Every line of the records below that holds the word "deleted" belongs in the answer.
*** Dataset records ***
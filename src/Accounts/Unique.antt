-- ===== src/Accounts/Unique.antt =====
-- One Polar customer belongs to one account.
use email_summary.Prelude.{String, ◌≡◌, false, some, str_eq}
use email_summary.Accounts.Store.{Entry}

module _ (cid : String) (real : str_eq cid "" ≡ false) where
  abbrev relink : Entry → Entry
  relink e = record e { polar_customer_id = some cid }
*** End of Dataset records ***
*** Dataset records ***
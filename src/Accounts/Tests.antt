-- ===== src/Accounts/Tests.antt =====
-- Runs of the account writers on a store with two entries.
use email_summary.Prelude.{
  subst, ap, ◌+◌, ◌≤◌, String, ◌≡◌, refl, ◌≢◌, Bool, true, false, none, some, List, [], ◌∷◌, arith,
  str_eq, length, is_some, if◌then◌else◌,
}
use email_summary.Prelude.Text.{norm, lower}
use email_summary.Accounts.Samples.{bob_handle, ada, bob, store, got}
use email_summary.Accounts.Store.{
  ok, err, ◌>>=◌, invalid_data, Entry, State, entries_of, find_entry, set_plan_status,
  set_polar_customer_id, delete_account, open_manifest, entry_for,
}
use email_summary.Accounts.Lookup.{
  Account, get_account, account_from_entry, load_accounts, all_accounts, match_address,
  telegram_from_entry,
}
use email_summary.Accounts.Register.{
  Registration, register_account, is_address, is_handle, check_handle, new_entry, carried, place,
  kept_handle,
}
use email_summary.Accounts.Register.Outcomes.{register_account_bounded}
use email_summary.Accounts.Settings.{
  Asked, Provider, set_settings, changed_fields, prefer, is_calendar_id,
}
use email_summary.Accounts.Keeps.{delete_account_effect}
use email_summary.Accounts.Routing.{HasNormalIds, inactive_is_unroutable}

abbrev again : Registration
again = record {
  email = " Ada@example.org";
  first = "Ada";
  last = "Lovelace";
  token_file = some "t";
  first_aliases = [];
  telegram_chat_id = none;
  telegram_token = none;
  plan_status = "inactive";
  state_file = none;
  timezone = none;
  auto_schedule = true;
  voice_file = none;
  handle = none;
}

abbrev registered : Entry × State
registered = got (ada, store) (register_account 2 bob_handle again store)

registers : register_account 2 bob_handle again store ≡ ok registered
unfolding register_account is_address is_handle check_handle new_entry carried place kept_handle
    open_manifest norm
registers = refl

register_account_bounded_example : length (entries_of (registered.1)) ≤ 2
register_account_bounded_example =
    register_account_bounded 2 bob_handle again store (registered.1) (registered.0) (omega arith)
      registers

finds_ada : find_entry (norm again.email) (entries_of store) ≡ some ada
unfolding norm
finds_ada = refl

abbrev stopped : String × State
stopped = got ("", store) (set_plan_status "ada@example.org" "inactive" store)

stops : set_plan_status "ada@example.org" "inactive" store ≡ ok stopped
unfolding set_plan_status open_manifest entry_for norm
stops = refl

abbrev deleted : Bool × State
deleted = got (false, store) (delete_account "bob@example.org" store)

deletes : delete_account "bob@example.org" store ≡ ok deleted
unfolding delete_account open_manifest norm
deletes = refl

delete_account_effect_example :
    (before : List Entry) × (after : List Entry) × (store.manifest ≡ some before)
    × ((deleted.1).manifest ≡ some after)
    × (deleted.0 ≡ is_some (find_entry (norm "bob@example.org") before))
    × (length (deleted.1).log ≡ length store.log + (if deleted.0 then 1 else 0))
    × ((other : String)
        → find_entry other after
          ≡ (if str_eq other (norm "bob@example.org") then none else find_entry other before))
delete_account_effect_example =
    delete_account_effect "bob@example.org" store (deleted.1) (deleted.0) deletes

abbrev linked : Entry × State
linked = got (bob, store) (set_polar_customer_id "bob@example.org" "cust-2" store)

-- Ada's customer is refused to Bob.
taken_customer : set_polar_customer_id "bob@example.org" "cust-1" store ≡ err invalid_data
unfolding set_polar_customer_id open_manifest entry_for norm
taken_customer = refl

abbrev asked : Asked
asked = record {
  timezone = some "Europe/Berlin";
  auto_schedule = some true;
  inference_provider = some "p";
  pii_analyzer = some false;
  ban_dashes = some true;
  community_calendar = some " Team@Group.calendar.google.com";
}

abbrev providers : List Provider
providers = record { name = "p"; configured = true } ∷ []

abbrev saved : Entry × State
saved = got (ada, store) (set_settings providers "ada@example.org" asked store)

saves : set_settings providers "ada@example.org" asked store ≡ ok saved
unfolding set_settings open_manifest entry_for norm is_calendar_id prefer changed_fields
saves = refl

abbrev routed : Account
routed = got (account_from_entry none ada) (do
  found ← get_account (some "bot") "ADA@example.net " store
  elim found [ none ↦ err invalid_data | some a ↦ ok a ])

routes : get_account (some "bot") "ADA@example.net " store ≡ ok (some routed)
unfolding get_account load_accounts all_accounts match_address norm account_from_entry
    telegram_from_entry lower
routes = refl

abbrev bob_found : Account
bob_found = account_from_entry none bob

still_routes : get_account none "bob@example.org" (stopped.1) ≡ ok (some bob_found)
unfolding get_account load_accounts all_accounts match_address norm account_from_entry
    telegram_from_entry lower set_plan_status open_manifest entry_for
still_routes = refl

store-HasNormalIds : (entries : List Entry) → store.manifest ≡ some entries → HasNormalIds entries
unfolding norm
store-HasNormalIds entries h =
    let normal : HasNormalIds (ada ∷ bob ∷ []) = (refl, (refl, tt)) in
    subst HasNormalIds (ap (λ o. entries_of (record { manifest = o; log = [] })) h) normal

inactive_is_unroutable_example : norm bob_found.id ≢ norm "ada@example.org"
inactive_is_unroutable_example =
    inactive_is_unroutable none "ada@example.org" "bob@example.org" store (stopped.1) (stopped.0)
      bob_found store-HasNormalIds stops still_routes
*** End of Dataset records ***
*** Dataset records ***
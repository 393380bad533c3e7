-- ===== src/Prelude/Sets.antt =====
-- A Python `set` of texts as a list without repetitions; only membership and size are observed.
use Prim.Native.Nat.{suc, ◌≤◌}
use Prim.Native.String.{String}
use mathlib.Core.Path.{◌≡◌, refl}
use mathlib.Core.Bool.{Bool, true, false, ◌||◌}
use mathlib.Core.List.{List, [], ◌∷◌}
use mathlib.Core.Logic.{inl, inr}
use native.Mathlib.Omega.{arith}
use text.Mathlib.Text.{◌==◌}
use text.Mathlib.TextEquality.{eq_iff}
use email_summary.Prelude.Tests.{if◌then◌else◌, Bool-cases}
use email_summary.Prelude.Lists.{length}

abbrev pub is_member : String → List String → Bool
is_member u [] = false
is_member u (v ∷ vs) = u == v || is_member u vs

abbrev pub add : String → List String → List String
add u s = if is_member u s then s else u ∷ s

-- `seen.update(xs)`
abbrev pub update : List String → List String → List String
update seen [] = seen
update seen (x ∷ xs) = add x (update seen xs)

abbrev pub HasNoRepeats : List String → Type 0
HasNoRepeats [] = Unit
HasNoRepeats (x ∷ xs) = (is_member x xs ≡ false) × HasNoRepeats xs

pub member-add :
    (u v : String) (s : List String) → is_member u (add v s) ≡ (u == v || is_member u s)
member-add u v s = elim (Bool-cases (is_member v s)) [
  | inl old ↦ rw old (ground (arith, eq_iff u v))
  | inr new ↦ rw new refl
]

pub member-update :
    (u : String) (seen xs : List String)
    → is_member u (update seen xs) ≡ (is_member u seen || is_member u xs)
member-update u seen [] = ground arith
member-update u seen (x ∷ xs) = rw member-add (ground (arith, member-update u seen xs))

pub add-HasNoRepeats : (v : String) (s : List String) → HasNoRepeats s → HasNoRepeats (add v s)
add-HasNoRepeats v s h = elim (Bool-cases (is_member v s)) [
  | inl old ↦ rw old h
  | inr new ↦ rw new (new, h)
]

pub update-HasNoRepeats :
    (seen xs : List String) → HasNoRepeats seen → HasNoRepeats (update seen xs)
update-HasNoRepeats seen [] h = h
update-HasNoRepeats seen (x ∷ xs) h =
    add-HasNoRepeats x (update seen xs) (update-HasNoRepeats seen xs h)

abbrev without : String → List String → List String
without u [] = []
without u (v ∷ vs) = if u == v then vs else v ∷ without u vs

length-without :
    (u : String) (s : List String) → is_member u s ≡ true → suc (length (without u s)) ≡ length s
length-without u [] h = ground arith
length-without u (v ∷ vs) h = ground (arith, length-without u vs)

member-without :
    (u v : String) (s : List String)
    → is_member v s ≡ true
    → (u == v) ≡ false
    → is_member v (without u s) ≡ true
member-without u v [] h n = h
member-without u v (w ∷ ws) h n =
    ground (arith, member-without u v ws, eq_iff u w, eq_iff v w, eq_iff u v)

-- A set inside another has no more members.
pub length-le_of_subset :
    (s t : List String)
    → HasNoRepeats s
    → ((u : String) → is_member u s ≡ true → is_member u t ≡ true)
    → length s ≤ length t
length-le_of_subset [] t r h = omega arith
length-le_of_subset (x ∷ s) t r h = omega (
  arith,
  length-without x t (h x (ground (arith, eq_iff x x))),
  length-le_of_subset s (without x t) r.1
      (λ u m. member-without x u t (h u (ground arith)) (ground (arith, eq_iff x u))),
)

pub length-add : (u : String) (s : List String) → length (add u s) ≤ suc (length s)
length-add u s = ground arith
*** End of Dataset records ***
Solution below:
abbrev deleted : Bool × State
deleted = got (false, store) (delete_account "bob@example.org" store)
deletes : delete_account "bob@example.org" store ≡ ok deleted
    × ((deleted.1).manifest ≡ some after)
    × (deleted.0 ≡ is_some (find_entry (norm "bob@example.org") before))
    × (length (deleted.1).log ≡ length store.log + (if deleted.0 then 1 else 0))
    delete_account_effect "bob@example.org" store (deleted.1) (deleted.0) deletes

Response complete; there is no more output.